Nope. Internet Explorer craps out on on XML. Just doesn't do what it's supposed to. Any IE users can go to MozillaQuestQuest and they won't see a website, just a DOM tree. It's not the site that's broken, it's the browser. So we need to do some browser sniffing. I made use of the example found at Keystone Websites and changed Drupal's /includes/common.inc around a bit. This is what it had:
// spit out the correct charset http header
header("Content-Type: text/html; charset=utf-8");And this is what I changed it to:
// spit out the correct charset http header
$mime = "text/html";
$charset = "UTF-8";
if(stristr($_SERVER["HTTP_ACCEPT"],"application/xhtml+xml")||
stristr($_SERVER["HTTP_USER_AGENT"],"Validator")) {
$mime = "application/xhtml+xml";
}
header("Content-Type: $mime;charset=$charset");
Basically, if your user agent accepts XHTML or if you are a validator, I give you a application/xhtml+xml document, but if you're anyone else, such as IE, I give you a text/html document so you don't flip out and act all stupid.
But didn't you say that for something like MathML to be rendered, it must included in a well-formed XML document?

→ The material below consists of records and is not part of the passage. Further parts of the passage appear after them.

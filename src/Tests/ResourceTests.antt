-- ===== src/Tests/ResourceTests.antt =====
-- Webhooks, backups, maintenance and readiness at concrete inputs.
use mathlib.Core.List.{Memᴰ}
use mr_cassop.Prelude.{
  ℕ, String, ◌<>◌, Bool, true, false, not, ◌&&◌, ◌||◌, Option, none, some, List, [], ◌∷◌, any,
  is_empty, ◌≡◌, refl, ◌==◌, string_eq, if◌then◌else◌, Outcome, ok, panic, Done,
}
use mr_cassop.Prelude.Dict.{lookup}
use mr_cassop.Cluster.{
  Cluster, Dc, Pod, Maintenance, StatefulSet, Get, found, dc_label, SystemKeyspaceDc,
}
use mr_cassop.Cluster.Samples.{cluster, pod}
use mr_cassop.InitOrder.PodsConfig.{value_at}
use mr_cassop.InitOrder.Regions.{unready_dcs, dc_unready, unready_regions}
use mr_cassop.Webhooks.{CassandraSpec, Spec, Parsers, general_validation, is_set}
use mr_cassop.Webhooks.Accepted.{
  accepts, seeds_accepted, rf_accepted, general_validation-accepts, general_validation-panics,
}
use mr_cassop.Backups.{
  CassandraBackup, BackupRequest, Backup, create_backup_request, backup_config_changed, add_slash,
  request_for,
}
use mr_cassop.Backups.Requests.{create_backup_request_lem}
use mr_cassop.Restores
use mr_cassop.Restores.{RestoreRequest}
use mr_cassop.Restores.Changed.{restore_config_changed-own}
use mr_cassop.Maintenance.{Call, check_maintenance_running, generate_maintenance_status}
use mr_cassop.Maintenance.Status.{listed, generate_maintenance_status-listed}
use mr_cassop.ClusterReady.{Seen, regions_verdict, cluster_ready}
use mr_cassop.ClusterReady.Verdict.{cluster_ready-true}

abbrev cassandra : Option String → CassandraSpec
cassandra storage_class = record {
  num_seeds = 2;
  persistence = true;
  storage_class = storage_class;
  config_overrides = "";
  scrape_interval = "";
}

abbrev dc1_factor : List SystemKeyspaceDc
dc1_factor = record { name = "dc1"; rf = 3 } ∷ []

abbrev dc2 : Dc
dc2 = record { name = "dc2"; replicas = some 3 }

abbrev spec : Spec
spec = record {
  cassandra = some (cassandra (some "fast"));
  dcs = some (dc2 ∷ []);
  system_dcs = some dc1_factor;
  server_node_tls = "";
  server_ca_tls = "";
  client_node_tls = "";
  client_ca_tls = "";
  reaper = none;
  prober_scrape_interval = "";
  ingress_domain = "a.com";
  ingress_secret = "tls";
  host_port = true;
  managed = some [];
  network_policies = false;
  extra_cassandra_ports = [];
}

-- The configured factors know the first DC, and not the second.
abbrev two_dcs : Spec
two_dcs = record spec { dcs = some (record { name = "dc1"; replicas = some 3 } ∷ dc2 ∷ []) }

general_validation-accepts_example : accepts (general_validation spec) ≡ (
    seeds_accepted spec.cassandra spec.dcs
    && (rf_accepted spec.system_dcs spec.dcs
        && (not (is_set spec.server_node_tls && is_set spec.server_ca_tls)
            && not (is_set spec.client_ca_tls && is_set spec.client_node_tls))))
general_validation-accepts_example = general_validation-accepts spec

general_validation-panics_example : general_validation two_dcs ≡ panic
unfolding string_eq
general_validation-panics_example =
    general_validation-panics two_dcs dc1_factor refl refl (Memᴰ.tail (Memᴰ.head refl)) refl

abbrev parsers : Parsers
parsers = record {
  yaml = λ s. true;
  duration = λ s. true;
  time = λ s. true;
  intensity = λ s. some true;
}

abbrev backup : CassandraBackup
backup = record {
  name = "b";
  namespace = "ns";
  storage_location = "s3://bucket/";
  snapshot_tag = "";
  secret_name = "s";
  concurrent_connections = 0;
  dc = "";
  entities = "";
  timeout = 0;
  duration = "";
  metadata_directive = "";
  insecure = false;
  create_missing_bucket = false;
  skip_bucket_verification = false;
  skip_refreshing = false;
  retry = record { interval = 0; strategy = ""; max_attempts = 0; enabled = false };
  bandwidth = none;
  state = "";
}

abbrev dc1 : Dc
dc1 = record { name = "dc1"; replicas = some 3 }

abbrev request : BackupRequest
request = request_for (add_slash "s3://bucket/") cluster dc1 backup

create_backup_request_lem_example :
    (request.storage_location ≡ ("s3://bucket/" <> "/") <> ("c" <> ("/" <> ("dc1" <> "/1"))))
    × (backup_config_changed
          (record {
            request = record request { snapshot_tag = "b-1" };
            creation_time = "t";
            schema_version = "1";
          })
          request
        ≡ false)
unfolding create_backup_request
create_backup_request_lem_example =
    create_backup_request_lem cluster dc1 (record { name = "dc2"; replicas = some 1 } ∷ []) backup
      request "b-1" "t" "1" refl refl

abbrev parse : String → Option ℕ
parse t = if t == "1" then some 1 else if t == "2" then some 2 else none

abbrev never : String → String → Bool
never s t = false

abbrev created : String → Backup
created t = record { request = request; creation_time = t; schema_version = "1" }

abbrev idle : Pod
idle = pod "dc1-0" "dc1" true

abbrev asked : List Maintenance
asked = record { dc = "dc1"; pods = "dc1-0" ∷ [] } ∷ []

generate_maintenance_status-listed_example :
    listed "dc1" "dc1-0" (generate_maintenance_status (idle ∷ []))
    ≡ any
        (λ p.
          check_maintenance_running p && (value_at dc_label p.labels == "dc1" && p.name == "dc1-0"))
        (idle ∷ [])
generate_maintenance_status-listed_example =
    generate_maintenance_status-listed "dc1" "dc1-0" (idle ∷ [])

abbrev accept : List Call → Call → Outcome Done
accept sent call = ok tt

abbrev ready_sts : String → Get StatefulSet
ready_sts name = found (record {
  name = name;
  labels = [];
  replicas = some 3;
  ready_replicas = if name == "c-cassandra-dc1" then 3 else 1;
})

abbrev seen : Seen
seen = record { get_sts = ready_sts; region_ready = λ host. ok true }

abbrev take : List Bool → Bool → Outcome Done
take sent b = ok tt

abbrev one_dc : Cluster
one_dc = record cluster { dcs = record { name = "dc1"; replicas = some 3 } ∷ [] }

cluster_ready-true_example :
    (unready_dcs ready_sts "c" one_dc.dcs ≡ ok [])
    × (take [] true ≡ ok tt)
    × ((regions : List String) × (unready_regions (λ host. ok true) one_dc [] ≡ ok regions)
        × ((false && not (is_empty regions)) ≡ false))
unfolding cluster_ready regions_verdict unready_dcs dc_unready unready_regions string_eq
cluster_ready-true_example = cluster_ready-true seen take one_dc [] refl

abbrev restore_request : RestoreRequest
restore_request = Restores.request_for "s3://bucket/" "b" "s" cluster dc1 (record {
  namespace = "ns";
  cassandra_backup = "b";
  storage_location = "";
  snapshot_tag = "";
  secret_name = "";
  dc = "";
  entities = "";
  concurrent_connections = 0;
  timeout = 0;
  no_delete_downloads = false;
  no_delete_truncates = false;
  no_download_data = false;
  insecure = false;
  skip_bucket_verification = false;
  resolve_host_id = false;
  exact_schema_version = false;
  schema_version = "42";
  rename = some (("t", "u") ∷ []);
  settings = record {
    keep_level = false;
    no_verify = false;
    no_verify_tokens = false;
    no_invalidate_caches = false;
    quick = false;
    extended_verify = false;
    keep_repaired = false;
  };
  retry = backup.retry;
  state = "";
})

restore_config_changed-own_example :
    Restores.restore_config_changed
      (record { request = record restore_request { snapshot_tag = "b-1" } })
      restore_request
    ≡ (not (restore_request.schema_version == "") || restore_request.exact_schema_version)
unfolding Restores.request_for lookup string_eq
restore_config_changed-own_example =
    restore_config_changed-own restore_request "b-1" (("t", "u") ∷ []) refl refl refl (refl, tt)
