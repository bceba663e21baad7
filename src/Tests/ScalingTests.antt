-- ===== src/Tests/ScalingTests.antt =====
-- Scaling and decommission at concrete inputs.
use mr_cassop.Prelude.{
  ◌≤◌, String, true, false, ◌&&◌, some, List, [], ◌∷◌, any, ◌≡◌, refl, ◌==◌, string_eq,
  if◌then◌else◌, Outcome, ok,
}
use mr_cassop.Prelude.Dict.{Dict, lookup, insert}
use mr_cassop.Cluster.{Pod, StatefulSet, dc_label}
use mr_cassop.Cluster.Samples.{cluster, pod}
use mr_cassop.InitOrder.PodsConfig.{value_at}
use mr_cassop.Jobs.{new_job_manager}
use mr_cassop.Scaling.{pod_decommissioned, in_desired_dc, not_live_view, quorum, dcs_map}
use mr_cassop.Scaling.Quorum.{still_seen_by, pod_decommissioned-quorum}
use mr_cassop.Scaling.Decommission.{World, Ask, handle_pod_decommission, remove_dc}
use mr_cassop.Scaling.Reconcile.{handle_dcs_decommission}
use mr_cassop.Scaling.Decommission.Safety.{has_left, handle_pod_decommission-sent}
use mr_cassop.Scaling.Decommission.Blocked.{Decommission, handle_dcs_decommission-Decommission}
use mr_cassop.Scaling.Decommission.Leftover.{deletions, remove_dc-deletions}

abbrev a0 : Pod
a0 = pod "dc1-0" "dc1" true

abbrev a1 : Pod
a1 = pod "dc1-1" "dc1" true

abbrev addresses : Dict String String
addresses = ("dc1-0", "10.0.0.1") ∷ ("dc1-1", "10.0.0.2") ∷ []

abbrev alone : String → Outcome (List String)
alone ip = ok ("10.0.0.1" ∷ [])

pod_decommissioned-quorum_example :
    (still_seen_by alone addresses cluster.dcs a1 (a0 ∷ a1 ∷ []) ≤ 1)
    × ((if any (λ p. p.name == "dc1-1" && in_desired_dc cluster.dcs p) (a0 ∷ a1 ∷ [])
          then still_seen_by alone addresses cluster.dcs a1 (a0 ∷ a1 ∷ [])
          else 0)
        ≡ 0)
unfolding pod_decommissioned quorum in_desired_dc dcs_map not_live_view value_at lookup insert
    string_eq
pod_decommissioned-quorum_example =
    pod_decommissioned-quorum alone cluster (a0 ∷ a1 ∷ []) a1 addresses refl

abbrev ask : Ask
ask = record {
  digits = λ n. "1";
  operation_mode = λ ip. ok "NORMAL";
  cluster_view = alone;
  admin_secret = ok tt;
  deployment_found = λ name. false;
  service_found = λ name. true;
  keyspaces = ok (record { name = "orders"; replication = ("dc9", "3") ∷ [] } ∷ []);
  answer = λ sent call. ok tt;
}

abbrev world : World
world = record { jobs = new_job_manager; sent = [] }

abbrev sts : String → StatefulSet
sts dc = record { name = dc; labels = (dc_label, dc) ∷ []; replicas = some 2; ready_replicas = 2 }

handle_pod_decommission-sent_example :
    (handle_pod_decommission ask cluster (sts "dc1") addresses "dc1-1" (a0 ∷ a1 ∷ []) world).1.sent
    ≡ []
unfolding has_left string_eq
handle_pod_decommission-sent_example =
    handle_pod_decommission-sent ask cluster (sts "dc1") addresses "dc1-1" (a0 ∷ a1 ∷ []) world refl

-- "orders" still replicates to the DC "dc9", which is to go.
handle_dcs_decommission-Decommission_example :
    Decommission ask cluster
      ("dc9" ∷ [])
      (("dc9", sts "dc9") ∷ [])
      cluster.dcs
      addresses
      (a0 ∷ [])
      world
      (handle_dcs_decommission ask cluster
        ("dc9" ∷ [])
        (("dc9", sts "dc9") ∷ [])
        cluster.dcs
        addresses
        (a0 ∷ [])
        world)
handle_dcs_decommission-Decommission_example =
    handle_dcs_decommission-Decommission ask cluster ("dc9" ∷ []) (("dc9", sts "dc9") ∷ [])
      cluster.dcs addresses (a0 ∷ []) world

-- The service is deleted, and the statefulset stays.
remove_dc-deletions_example : deletions (remove_dc ask cluster (sts "dc9") world).1.sent ≡ 0
remove_dc-deletions_example = remove_dc-deletions ask cluster (sts "dc9") world
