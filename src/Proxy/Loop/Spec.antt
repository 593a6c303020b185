-- ===== src/Proxy/Loop/Spec.antt =====
-- The loop as the widget sees it: one payload for each round, with no eager write, no deduplication
-- and no file. The loop refines it.
use noctalia_appmenu.Prelude.{
  ◌≡◌, refl, sym, ◌∙◌, ap, Bool, true, List, [], ◌∷◌, map, Option, none, some, arith, All,
  if◌then◌else◌, Text,
}
use noctalia_appmenu.Menu.Tree.{MenuItem}
use noctalia_appmenu.Config.{Config}
use noctalia_appmenu.Desktop.Resolve.{System}
use noctalia_appmenu.Active.Snapshot.{empty as no_snapshot}
use noctalia_appmenu.Proxy.Write.{empty, Payload, payload_of, Writer, Disk}
use noctalia_appmenu.Proxy.Write.Laws.{
  IsSynced, write_active_json-IsSynced, write_active_json-fresh,
}
use noctalia_appmenu.Proxy.Loop.{
  ActiveProxyState, Bridge, Round, Walk, walked, walk_failed, eager_choice, eager_write,
  publish_props, after_walk, resolve_menu, focus_title, final_choice, final_write, round,
  after_restart, run_loop, start,
}
use noctalia_appmenu.Proxy.Loop.Provenance.{eager_write-IsSynced, resolve_menu-writer}

abbrev no_writer : Writer
no_writer = record { last_body = none; file = none; pushed = [] }

abbrev no_props : ActiveProxyState
no_props = record { bus_name = []; object_path = []; app_id = []; title = [] }

-- The state without the file, the widget and the properties: what the rounds remember.
abbrev pub memory : Bridge → Bridge
memory s = record s { writer = no_writer; props = no_props }

-- A round whose writes and signals succeed.
abbrev pub Succeeds : Round → Type 0
Succeeds r = (r.eager_disk.writes ≡ true) × (r.final_disk.writes ≡ true) × (r.signals_sent ≡ true)

module _ (cfg : Config) (sys : System) (to_string : Payload → Text) where
  -- One round: what it remembers, and the one payload that it is about.
  unfoldable pub spec_round : Round → Bridge → Bridge × Payload
  spec_round r m =
      let eager = record m { resolved = (eager_choice cfg sys to_string r m).0 } in
      let (next, found) = resolve_menu cfg sys to_string r eager in
      let (cache, (menu, source)) = final_choice cfg sys to_string r next.resolved found in
      (record next { resolved = cache }, payload_of r.snapshot menu source)

  unfoldable pub spec_run : Bridge → List Round → List Payload
  spec_run m [] = []
  spec_run m (r ∷ rs) =
      let (next, payload) = spec_round r (after_restart r.restarted m) in payload ∷ spec_run next rs

  after_walk-memory :
      (r : Round) (s : Bridge) (w : Walk)
      → after_walk cfg sys to_string r (memory s) w
        ≡ (memory (after_walk cfg sys to_string r s w).0, (after_walk cfg sys to_string r s w).1)
  unfolding after_walk
  after_walk-memory r s (walked menu took) = refl
  after_walk-memory r s walk_failed = refl

  resolve_menu-memory :
      (r : Round) (s : Bridge)
      → resolve_menu cfg sys to_string r (memory s)
        ≡ (memory (resolve_menu cfg sys to_string r s).0, (resolve_menu cfg sys to_string r s).1)
  unfolding resolve_menu
  resolve_menu-memory r s =
      ground (arith, after_walk-memory r s (r.walk (focus_title cfg sys to_string r.snapshot)))

  unfoldable pub spec_finish : Round → Bridge × Option MenuItem → Bridge × Payload
  spec_finish r x =
      let (cache, (menu, source)) = final_choice cfg sys to_string r x.0.resolved x.1 in
      (record x.0 { resolved = cache }, payload_of r.snapshot menu source)

  abbrev pub eager_part : Round → Bridge → Bridge
  eager_part r s = publish_props cfg sys to_string r (eager_write cfg sys to_string r s)

  pub spec_round-memory :
      (r : Round) (s : Bridge)
      → spec_round r (memory s)
        ≡ spec_finish r (
          memory (resolve_menu cfg sys to_string r (eager_part r s)).0,
          (resolve_menu cfg sys to_string r (eager_part r s)).1,
        )
  unfolding spec_round spec_finish publish_props eager_write eager_choice
  spec_round-memory r s = ap (spec_finish r) (resolve_menu-memory r (eager_part r s))

  taken : (b : Bool) (x y : Bridge × Bool) → b ≡ true → (if b then x else y) ≡ x
  taken b x y h = ground arith

  pub round-final_write :
      (r : Round) (s : Bridge)
      → r.signals_sent ≡ true
      → round cfg sys to_string r s ≡ (
        final_write cfg sys to_string r
            (resolve_menu cfg sys to_string r (eager_part r s)).0
            (resolve_menu cfg sys to_string r (eager_part r s)).1,
        true,
      )
  unfolding round
  round-final_write r s sent = taken r.signals_sent _ _ sent

  pub round-memory :
      (r : Round) (s : Bridge)
      → r.signals_sent ≡ true
      → memory (round cfg sys to_string r s).0 ≡ (spec_round r (memory s)).0
  unfolding final_write spec_finish
  round-memory r s sent =
      ap (λ x. memory x.0) (round-final_write r s sent)
      ∙ sym (ap (λ x. x.0) (spec_round-memory r s))

  -- What one round leaves behind is what the abstract round remembers, and its payload is in the
  -- file.
  abbrev Refines : Bridge × Payload → Bridge → Type 0
  Refines spec s =
      (memory s ≡ spec.0) × (s.writer.file ≡ some (to_string spec.1)) × IsSynced s.writer

  final_write-Refines :
      (r : Round) (s : Bridge) (found : Option MenuItem)
      → r.final_disk.writes ≡ true
      → IsSynced s.writer
      → Refines (spec_finish r (memory s, found)) (final_write cfg sys to_string r s found)
  unfolding final_write spec_finish
  final_write-Refines r s found ok h =
      let choice = final_choice cfg sys to_string r s.resolved found in
      let (f, l, synced) =
        write_active_json-IsSynced to_string r.final_disk r.snapshot choice.1.0 choice.1.1 s.writer
          ok h in
      (refl, f, synced)

  round-Refines :
      (r : Round) (s : Bridge)
      → Succeeds r
      → IsSynced s.writer
      → Refines (spec_round r (memory s)) (round cfg sys to_string r s).0
  unfolding publish_props
  round-Refines r s (eager_ok, final_ok, sent) h =
      let published = eager_part r s in
      let (next, found) = resolve_menu cfg sys to_string r published in
      rw (spec_round-memory r s, round-final_write r s sent)
        (final_write-Refines r next found final_ok (
          rw (resolve_menu-writer cfg sys to_string r published)
            (eager_write-IsSynced cfg sys to_string r s eager_ok h)))

  run_loop-spec_run :
      (rs : List Round) (s : Bridge)
      → All Succeeds rs
      → IsSynced s.writer
      → map (λ t. t.writer.file) (run_loop cfg sys to_string s rs)
        ≡ map (λ p. some (to_string p)) (spec_run (memory s) rs)
  unfolding spec_run run_loop after_restart
  run_loop-spec_run [] s ok h = refl
  run_loop-spec_run (r ∷ rs) s (ok, oks) h =
      let start_of = after_restart r.restarted s in
      let next = (round cfg sys to_string r start_of).0 in
      let (m, f, synced) = round-Refines r start_of ok h in
      let goes_on = ap (λ z. z.1) (round-final_write r start_of ok.2) in
      rw (f, ← m, goes_on)
        (ap (◌∷◌ (some (to_string (spec_round r (memory start_of)).1)))
          (run_loop-spec_run rs next oks synced))

  -- The loop refines its specification, from its start on: while its writes and signals succeed,
  -- what stands in the file after each round is the text of the one payload that the abstract round
  -- is about. The eager write, the deduplication and the forced refresh cannot be told from what a
  -- round leaves there.
  pub run_loop-start :
      (disk : Disk) (s : Bridge) (rs : List Round)
      → All Succeeds rs
      → map (λ t. t.writer.file) (run_loop cfg sys to_string (start cfg sys to_string disk s) rs)
        ≡ map (λ p. some (to_string p)) (spec_run (memory s) rs)
  unfolding start
  run_loop-start disk s rs ok =
      run_loop-spec_run rs (start cfg sys to_string disk s) ok (
        write_active_json-fresh to_string disk no_snapshot none empty s.writer.file s.writer.pushed)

What about IE users who want to see the included MathML?
Well, IE users can either get a real browser, such as Firefox or they can get the MathPlayer Plugin, which lets IE render MathML code fragments inside a plain HTML document.
OK, are you done now?
Nope. People here have to preview their comments before they go live. IE users will preview their ill-formed tag soup and go on with their lives, leaving the Mozilla users to see nothing but an error message when they try to view the same page. I need to work on a way to validate comments before letting them be submitted. If Movable Type can do it at Musings than Drupal should be able to as well. With Drupal's community plumbing, it could easy become courseware (with math, engineering and physics students in mind), making use of features that Movable Type lacks, such as the powerful taxonomy and book features.